__Work task__
Go through the listing and copy each line that has the string "entries" in it.

[Start of Attachment]

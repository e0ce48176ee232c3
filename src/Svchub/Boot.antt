-- ===== src/Svchub/Boot.antt =====
-- src/svchub/svchub_boot.c: the phases from startup to shutdown. `fail` ends the process, and is the
-- action `die` with its message; nothing is done after it.

pub mod Kill
pub mod Alarm
use minibase.Base.{
  ℕ, zero, suc, ◌+◌, Bool, true, false, not, ◌&&◌, ◌||◌, Option, none, some, List, ◌∷◌, ◌++◌, ltb,
  ◌==◌, if◌then◌else◌, Bytes, codes,
}
use minibase.Base.Int.{ℤ, pos, negsuc, is_neg}
use minibase.Svchub.State.{
  Phase, startup, running, stopping, shutdown, any_flag, Proc, Action, kill, fork_exec, close_fd,
  alarm, say, die, Top, Kernel, logged, proc_at, put_proc, ebusy, ealready, sigkill, sigterm,
}
use minibase.Svchub.Proc.{Ret, returns}
use minibase.Svchub.Conn.{is_positive}

abbrev pub says : Top → Bytes → Top
says c text = logged c (say text)

abbrev pub fails : Top → Bytes → Top
fails c text = logged c (die text)

-- the process is gone
abbrev pub has_died : List Action → Bool
has_died (die _ ∷ _) = true
has_died _ = false

-- BOOTDIR "/", with the BASE_ETC that configure sets
abbrev pub boot_dir : Bytes
boot_dir = codes "/base/etc/boot/"

-- What `fork` returned. Where it failed the process is gone, and the result is of no account.
unfoldable pub script_forked : Top → Bytes → ℤ → Ret
script_forked c name (negsuc e) = returns (fails c (codes "fork")) (pos 0)
script_forked c name (pos pid) =
    returns (logged (record c { scrpid = pos pid }) (fork_exec (boot_dir ++ name))) (pos 0)

unfoldable pub spawn_script : Kernel → Top → Bytes → Ret
unfolding script_forked
spawn_script k c name =
    if is_neg k.access
    then returns c k.access
    else if is_positive c.scrpid
    then returns c ebusy
    else script_forked c name k.fork

-- `close_socket` is the `close_fd`; its failure is only reported.
unfoldable pub spawn_shutdown : Kernel → Top → Top
unfolding spawn_script
spawn_shutdown k c =
    let closed = logged (record c { phase = shutdown }) (close_fd c.ctlfd) in
    let script : Bytes = elim c.rbmode [ some _ ↦ codes "shutdown" | none ↦ codes "failure" ] in
    let r = spawn_script k closed script in
    if is_neg r.ret then fails r.top (codes "no shutdown script") else r.top

abbrev pub shutdown_exit : Top → ℕ → Top
shutdown_exit c status =
    fails c (if status == 0 then codes "shutdown script exited" else codes "shutdown script failed")

unfoldable pub start_script : Kernel → Top → Top
unfolding spawn_script
start_script k c =
    let r = spawn_script k c (codes "startup") in
    if is_neg r.ret
    then fails r.top (codes "startup")
    else if has_died r.top.log
    then r.top
    else record (r.top) { phase = startup }

unfoldable pub startup_done : Kernel → Top → ℕ → Top
unfolding spawn_script
startup_done k c status =
    if not (status == 0)
    then fails c (codes "startup failed")
    else (spawn_script k (record c { phase = running }) (codes "shell")).top

unfoldable pub stop_con_shell : Kernel → Top → Top
stop_con_shell k c = elim c.scrpid [
  | negsuc n ↦ c
  | pos zero ↦ c
  | pos (suc n) ↦
      let asked = logged c (kill (suc n) sigterm) in
      if is_neg (k.kill (suc n) sigterm) then record asked { scrpid = pos 0 } else asked
]

-- neither unused nor without a process, nor an exit status
abbrev pub is_live : Proc → Bool
is_live p = any_flag p.flags && not (p.pid == 0) && not p.flags.status

-- the slots from `i` on
unfoldable pub stop_from : Kernel → Top → ℕ → ℕ → Top
stop_from k c zero i = c
stop_from k c (suc left) i =
    let p = proc_at c i in
    let asked = logged c (kill p.pid sigterm) in
    stop_from k
      (if not (is_live p)
        then c
        else if is_neg (k.kill p.pid sigterm)
        then asked
        else put_proc asked i (record p { flags = record (p.flags) { killed = true } }))
      left (i + 1)

unfoldable pub stop_all_procs : Kernel → Top → Top
unfolding stop_from stop_con_shell
stop_all_procs k c = stop_con_shell k (stop_from k (says c (codes "stopping all procs")) c.nprocs 0)

unfoldable pub report_from : Top → ℕ → ℕ → Top
report_from c zero i = c
report_from c (suc left) i =
    let p = proc_at c i in
    report_from (if is_live p then says c (codes "waiting for " ++ p.name) else c) left (i + 1)

unfoldable pub report_hung_procs : Top → Top
unfolding report_from
report_hung_procs c =
    let r = report_from c c.nprocs 0 in
    if is_positive r.scrpid then says r (codes "script is still running") else r

unfoldable pub kill_from : Top → ℕ → ℕ → Top
kill_from c zero i = c
kill_from c (suc left) i =
    let p = proc_at c i in
    kill_from
      (if is_live p then put_proc (logged c (kill p.pid sigkill)) i (record p { pid = 0 }) else c)
      left (i + 1)

-- `scrpid` is the last argument.
unfoldable pub kill_script : Top → ℤ → Top
kill_script c (negsuc n) = c
kill_script c (pos zero) = c
kill_script c (pos (suc n)) = logged (record c { scrpid = negsuc 0 }) (kill (suc n) sigkill)

unfoldable pub force_shutdown : Kernel → Top → Top
unfolding kill_from kill_script spawn_shutdown
force_shutdown k c =
    let killed = kill_from (says c (codes "killing remaining services")) c.nprocs 0 in
    spawn_shutdown k (kill_script killed killed.scrpid)

abbrev pub is_stopping : Phase → Bool
is_stopping stopping = true
is_stopping _ = false

abbrev pub is_shutdown : Phase → Bool
is_shutdown shutdown = true
is_shutdown _ = false

abbrev pub is_running : Phase → Bool
is_running running = true
is_running _ = false

unfoldable pub handle_alarm : Kernel → Top → Top
unfolding report_hung_procs force_shutdown
handle_alarm k c =
    if not (is_stopping c.phase)
    then c
    else if ltb c.sigcnt 3
    then logged (report_hung_procs (record c { sigcnt = c.sigcnt + 1 })) alarm
    else force_shutdown k (record c { sigcnt = 0 })

unfoldable pub command_stop : Kernel → Top → Option Bytes → Ret
unfolding stop_all_procs
command_stop k c mode =
    if is_stopping c.phase || is_shutdown c.phase
    then returns c ealready
    else let told =
        says c (elim mode [
          | some m ↦ codes "initiating " ++ m
          | none ↦ codes "aborting on a failure"
        ]) in
      returns
        (logged (stop_all_procs k (record told { phase = stopping; rbmode = mode; sigcnt = 0 }))
          alarm)
        (pos 0)

unfoldable pub signal_stop : Kernel → Top → Bytes → Top
unfolding force_shutdown command_stop
signal_stop k c script =
    if is_stopping c.phase
    then force_shutdown k c
    else if is_shutdown c.phase
    then fails c (codes "aborting")
    else let r = command_stop k c (some script) in
      if is_neg r.ret then says r.top (script ++ codes " handler") else r.top
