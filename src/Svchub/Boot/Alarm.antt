-- ===== src/Svchub/Boot/Alarm.antt =====
-- While the services are stopping, alarms are counted, and the fourth one ends the wait.
use minibase.Base.{
  ℕ, zero, suc, ◌+◌, ◌≤◌, ◌<◌, ◌≡◌, inl, inr, refl, ap, ◌∙◌, true, none, some, ◌++◌, arith, lt→ltb,
  le→ltb, if◌then◌else◌, Bool-cases, Bytes, codes,
}
use minibase.Base.Int.{ℤ, pos, negsuc, is_neg}
use minibase.Svchub.State.{stopping, shutdown, alarm, close_fd, Top, Kernel, logged, proc_at}
use minibase.Svchub.Proc.{Ret}
use minibase.Svchub.Conn.{is_positive}
use minibase.Svchub.Boot.{
  is_live, report_from, report_hung_procs, kill_from, kill_script, script_forked, is_stopping,
  fails, force_shutdown, spawn_shutdown, spawn_script, handle_alarm, says,
}

report_from_same :
    (left : ℕ) (c : Top) (i : ℕ)
    → ((report_from c left i).phase ≡ c.phase) × ((report_from c left i).sigcnt ≡ c.sigcnt)
unfolding report_from
report_from_same zero c i = (refl, refl)
report_from_same (suc left) c i = elim (Bool-cases (is_live (proc_at c i))) [
  | inl live ↦
      rw (report_from, live)
        (report_from_same left (says c (codes "waiting for " ++ (proc_at c i).name)) (i + 1))
  | inr idle ↦ rw (report_from, idle) (report_from_same left c (i + 1))
]

report_hung_same :
    (c : Top) → ((report_hung_procs c).phase ≡ c.phase) × ((report_hung_procs c).sigcnt ≡ c.sigcnt)
unfolding report_hung_procs
report_hung_same c = elim (Bool-cases (is_positive (report_from c c.nprocs 0).scrpid)) [
  | inl script ↦ rw script (report_from_same c.nprocs c 0)
  | inr none_left ↦ rw none_left (report_from_same c.nprocs c 0)
]

handle_alarm_early :
    (k : Kernel) (c : Top)
    → c.phase ≡ stopping
    → c.sigcnt < 3
    → handle_alarm k c ≡ logged (report_hung_procs (record c { sigcnt = c.sigcnt + 1 })) alarm
unfolding handle_alarm
handle_alarm_early k c h lt =
    let on : is_stopping c.phase ≡ true = ap is_stopping h in rw (on, lt→ltb c.sigcnt 3 lt) refl

handle_alarm_late :
    (k : Kernel) (c : Top)
    → c.phase ≡ stopping
    → 3 ≤ c.sigcnt
    → handle_alarm k c ≡ force_shutdown k (record c { sigcnt = 0 })
unfolding handle_alarm
handle_alarm_late k c h le =
    let on : is_stopping c.phase ≡ true = ap is_stopping h in rw (on, le→ltb c.sigcnt 3 le) refl

-- An alarm before the fourth keeps the phase and is counted.
alarm_counted :
    (k : Kernel) (c : Top) (n : ℕ)
    → c.phase ≡ stopping
    → c.sigcnt ≡ n
    → n < 3
    → ((handle_alarm k c).phase ≡ stopping) × ((handle_alarm k c).sigcnt ≡ n + 1)
alarm_counted k c n h e lt =
    let told = report_hung_same (record c { sigcnt = c.sigcnt + 1 }) in
    rw (handle_alarm_early k c h (omega arith)) (told.0 ∙ h, told.1 ∙ ap (λ i. i + 1) e)

script_forked-phase :
    (c : Top) (name : Bytes) (fork : ℤ) → (script_forked c name fork).top.phase ≡ c.phase
unfolding script_forked
script_forked-phase c name (negsuc e) = refl
script_forked-phase c name (pos pid) = refl

spawn_script-phase :
    (k : Kernel) (c : Top) (name : Bytes) → (spawn_script k c name).top.phase ≡ c.phase
unfolding spawn_script
spawn_script-phase k c name = elim (Bool-cases (is_neg k.access)) [
  | inl missing ↦ rw missing
  | inr found ↦ rw found (elim (Bool-cases (is_positive c.scrpid)) [
    | inl busy ↦ rw busy
    | inr idle ↦ rw idle (script_forked-phase c name k.fork)
  ])
]

spawn_shutdown-phase : (k : Kernel) (c : Top) → (spawn_shutdown k c).phase ≡ shutdown
unfolding spawn_shutdown
spawn_shutdown-phase k c = go (spawn_script k closed script) (spawn_script-phase k closed script)
  where
    closed : Top
    closed = logged (record c { phase = shutdown }) (close_fd c.ctlfd)

    script : Bytes
    script = elim c.rbmode [ some _ ↦ codes "shutdown" | none ↦ codes "failure" ]

    go :
        (r : Ret)
        → r.top.phase ≡ shutdown
        → (if is_neg r.ret then fails r.top (codes "no shutdown script") else r.top).phase
          ≡ shutdown
    go r h = elim (Bool-cases (is_neg r.ret)) [
      | inl failed ↦ rw failed h
      | inr spawned ↦ rw spawned h
    ]

force_shutdown-phase : (k : Kernel) (c : Top) → (force_shutdown k c).phase ≡ shutdown
unfolding force_shutdown
force_shutdown-phase k c =
    let killed = kill_from (says c (codes "killing remaining services")) c.nprocs 0 in
    spawn_shutdown-phase k (kill_script killed killed.scrpid)

last_alarm :
    (k : Kernel) (c : Top) → c.phase ≡ stopping → c.sigcnt ≡ 3 → (handle_alarm k c).phase ≡ shutdown
last_alarm k c h e =
    rw (handle_alarm_late k c h (omega arith)) (force_shutdown-phase k (record c { sigcnt = 0 }))

-- While the services are stopping, and no alarm has been counted yet, four alarms with nothing else
-- between them end in the shutdown phase, whatever the kernel answers to each.
pub four_alarms :
    (k1 k2 k3 k4 : Kernel) (c : Top)
    → c.phase ≡ stopping
    → c.sigcnt ≡ 0
    → (handle_alarm k4 (handle_alarm k3 (handle_alarm k2 (handle_alarm k1 c)))).phase ≡ shutdown
four_alarms k1 k2 k3 k4 c h e =
    let a = alarm_counted k1 c 0 h e (omega arith) in
    let b = alarm_counted k2 (handle_alarm k1 c) 1 a.0 a.1 (omega arith) in
    let d = alarm_counted k3 (handle_alarm k2 (handle_alarm k1 c)) 2 b.0 b.1 (omega arith) in
    last_alarm k4 (handle_alarm k3 (handle_alarm k2 (handle_alarm k1 c))) d.0 d.1
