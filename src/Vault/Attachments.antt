-- ===== src/Vault/Attachments.antt =====
-- The attachments of the vault in frontend/src/lib/kdbx.ts: what they count, and the operations that
-- add, list and remove them. An attachment stands for its bytes by their number; the pool of
-- binaries that kdbxweb saves is left out.
pub mod Counting
pub mod Kept
pub mod Budget
use kypassword_server.Base.{
  ℕ, ◌+◌, ◌-◌, ◌*◌, ◌/◌, Text, codes, is_empty, Bool, true, false, ◌||◌, Option, none, some, List,
  [], ◌∷◌, ◌++◌, map, any, if◌then◌else◌, Result, ok, throw, ◌>>=◌, ltb, ◌==◌, within, trim,
}
use kypassword_server.Api.{Thrown, other_error}
use kypassword_server.Vault.{
  Binary, hashed, inline, Version, Entry, Kdbxweb, find_entry, change_entry, has_group, is_live,
}
use kypassword_server.Vault.Fields.{get_key, set_key, delete_key}
use kypassword_server.Vault.History.{entry_history_enabled, push_entry_history}
use kypassword_server.Vault.Listing.{Database, Library, recycled_group_ids}

abbrev pub max_attachment_bytes : ℕ
max_attachment_bytes = 10 * 1024 * 1024

abbrev max_vault_bytes : ℕ
max_vault_bytes = 50 * 1024 * 1024

abbrev pub max_vault_attachment_bytes : ℕ
max_vault_attachment_bytes = max_vault_bytes - 10 * 1024 * 1024

pub record Usage : Type 0 where
  pub bytes : ℕ
  pub hashes : List Text

-- `Math.ceil(n / 3) * 4`.
abbrev pub base64_size : ℕ → ℕ
base64_size n = (n + 2) / 3 * 4

unfoldable pub add_binary : Usage → Binary → Usage
add_binary u (hashed h n) =
    if has_group u.hashes h then u else record { bytes = u.bytes + n; hashes = h ∷ u.hashes }
add_binary u (inline n) = record u { bytes = u.bytes + base64_size n }

unfoldable pub add_binaries : Usage → List Binary → Usage
unfolding add_binary
add_binaries u [] = u
add_binaries u (b ∷ bs) = add_binaries (add_binary u b) bs

abbrev pub values : List (Text × Binary) → List Binary
values [] = []
values ((name, b) ∷ m) = b ∷ values m

-- The binaries of `[entry, ...entry.history]`, in the order of the loops.
abbrev pub version_binaries : List Version → List Binary
version_binaries [] = []
version_binaries (v ∷ vs) = values v.binaries ++ version_binaries vs

abbrev pub entry_binaries : List Entry → List Binary
entry_binaries [] = []
entry_binaries (e ∷ es) = version_binaries (e.current ∷ e.history) ++ entry_binaries es

unfoldable pub attachment_usage : Database → Usage
unfolding add_binaries
attachment_usage db = add_binaries (record { bytes = 0; hashes = [] }) (entry_binaries db.entries)

unfoldable pub attachment_bytes : Database → ℕ
unfolding attachment_usage
attachment_bytes db = (attachment_usage db).bytes

abbrev has_binaries : Version → Bool
has_binaries v = elim v.binaries [ [] ↦ false | _ ∷ _ ↦ true ]

abbrev found_history : Option Entry → List Version
found_history none = []
found_history (some e) = e.history

unfoldable pub has_attachment_history : Text → Database → Bool
unfolding find_entry
has_attachment_history uuid db = any has_binaries (found_history (find_entry uuid db.entries))

abbrev pub no_live_entry : Thrown
no_live_entry = other_error (codes "Choose an entry in the live vault.")

-- `findEntry`, and the check that the entry is live.
unfoldable pub live_of : List Text → Option Entry → Result Thrown Entry
live_of recycled none = throw no_live_entry
live_of recycled (some e) = if is_live recycled e then ok e else throw no_live_entry

abbrev without_binaries : Version → Version
without_binaries v = record v { binaries = [] }

unfoldable pub without_binary : Text → Version → Version
unfolding delete_key
without_binary name v = record v { binaries = delete_key name v.binaries }

abbrev pub touch_entry : Kdbxweb → Entry → Entry
touch_entry k e = record e { current = k.touch e.current }

unfoldable pub put_entry : Text → Entry → Database → Database
unfolding change_entry
put_entry uuid e db = record db { entries = change_entry uuid e db.entries }

unfoldable pub get_attachment : Text → Text → Database → Result Thrown Binary
unfolding find_entry get_key
get_attachment uuid name db = elim (find_entry uuid db.entries) [
  | none ↦ throw (other_error (codes "This attachment is no longer available."))
  | some e ↦ elim (get_key name e.current.binaries) [
    | none ↦ throw (other_error (codes "This attachment is no longer available."))
    | some b ↦ ok b
  ]
]

unfoldable pub has_name : Text → List (Text × Binary) → Bool
unfolding get_key
has_name name m = elim (get_key name m) [ none ↦ false | some _ ↦ true ]

-- The bytes of the inline files that a checkpoint would hold twice.
abbrev pub inline_sum : List Binary → ℕ
inline_sum [] = 0
inline_sum (hashed h n ∷ bs) = inline_sum bs
inline_sum (inline n ∷ bs) = base64_size n + inline_sum bs

abbrev over_budget : Thrown
over_budget = other_error (
    codes
      "The vault's 40 MiB attachment budget includes retained history and recycled entries. Remove files and their saved copies, or clear attachment history, before adding more. The total upload limit is 50 MiB.")

abbrev name_taken : Thrown
name_taken =
    other_error
      (codes "An attachment with this name already exists. Rename the file before adding it.")

abbrev is_control : ℕ → Bool
is_control c = within 0 0x1f c || c == 0x7f

-- The checks before the file is hashed; `size` is the number of its bytes.
unfoldable pub check_file : Text → ℕ → Result Thrown (Unit {0})
unfolding trim
check_file name size =
    if is_empty (trim name) || any is_control name
    then throw (other_error (codes "Choose a file with a valid name."))
    else if ltb max_attachment_bytes size
    then throw (other_error (codes "Attachments must be 10 MiB or smaller."))
    else ok tt

-- `signal.throwIfAborted()`, with the reason if there was an abort.
abbrev pub throw_if_aborted : Option Thrown → Result Thrown (Unit {0})
throw_if_aborted none = ok tt
throw_if_aborted (some reason) = throw reason

unfoldable pub attach : Text → Binary → Entry → Entry
unfolding set_key
attach name b e = record e {
  current = record e.current { binaries = set_key name b e.current.binaries };
}

unfoldable pub detach : Text → Bool → Entry → Entry
unfolding without_binary
detach name from_history e = record e {
  current = without_binary name e.current;
  history = if from_history then map (without_binary name) e.history else e.history;
}

module _ (k : Kdbxweb) (lib : Library) where
  unfoldable pub live_entry : Text → Database → Result Thrown Entry
  unfolding find_entry recycled_group_ids
  live_entry uuid db = live_of (recycled_group_ids lib db) (find_entry uuid db.entries)

  unfoldable pub clear_attachment_history : Text → Database → Result Thrown (Database × Bool)
  unfolding live_entry has_attachment_history
  clear_attachment_history uuid db = do
    e ← live_entry uuid db
    if has_attachment_history uuid db
        then ok (
          put_entry uuid (touch_entry k (record e { history = map without_binaries e.history })) db,
          true,
        )
        else ok (db, false)

  -- What the file would bring the vault's attachments to.
  unfoldable pub needed_bytes : Text → ℕ → Entry → Database → ℕ
  unfolding attachment_usage entry_history_enabled
  needed_bytes hash size e db =
      (attachment_usage db).bytes
      + (if entry_history_enabled db.meta then inline_sum (values e.current.binaries) else 0)
      + (if has_group (attachment_usage db).hashes hash then 0 else size)

  unfoldable pub attach_to : Text → Text → Text → ℕ → Database → Entry → Result Thrown Database
  unfolding has_name needed_bytes push_entry_history
  attach_to uuid name hash size db e =
      if has_name name e.current.binaries
      then throw name_taken
      else if ltb max_vault_attachment_bytes (needed_bytes hash size e db)
      then throw over_budget
      else ok (
          put_entry uuid
            (touch_entry k (attach name (hashed hash size) (push_entry_history k db.meta e))) db)

  -- The file has `size` bytes and the hash `hash`; `first` and `second` are the reasons of an abort
  -- before and after the hashing, if there was one, and `db` is the database after it.
  unfoldable pub add_attachment :
      Text → Text → ℕ → Text → Option Thrown → Option Thrown → Database → Result Thrown Database
  unfolding live_entry attach_to
  add_attachment uuid name size hash first second db = do
    _ ← check_file name size
    _ ← throw_if_aborted first
    _ ← throw_if_aborted second
    e ← live_entry uuid db
    attach_to uuid name hash size db e

  unfoldable pub remove_attachment : Text → Text → Bool → Database → Result Thrown (Database × Bool)
  unfolding live_entry has_name push_entry_history
  remove_attachment uuid name from_history db = do
    e ← live_entry uuid db
    if has_name name e.current.binaries
        then ok (
          put_entry uuid (touch_entry k (detach name from_history (push_entry_history k db.meta e)))
              db,
          true,
        )
        else ok (db, false)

[End of Attachment]

__Answer section__
attachment_usage db = add_binaries (record { bytes = 0; hashes = [] }) (entry_binaries db.entries)
has_attachment_history uuid db = any has_binaries (found_history (find_entry uuid db.entries))
put_entry uuid e db = record db { entries = change_entry uuid e db.entries }
get_attachment uuid name db = elim (find_entry uuid db.entries) [
      "The vault's 40 MiB attachment budget includes retained history and recycled entries. Remove files and their saved copies, or clear attachment history, before adding more. The total upload limit is 50 MiB.")
  live_entry uuid db = live_of (recycled_group_ids lib db) (find_entry uuid db.entries)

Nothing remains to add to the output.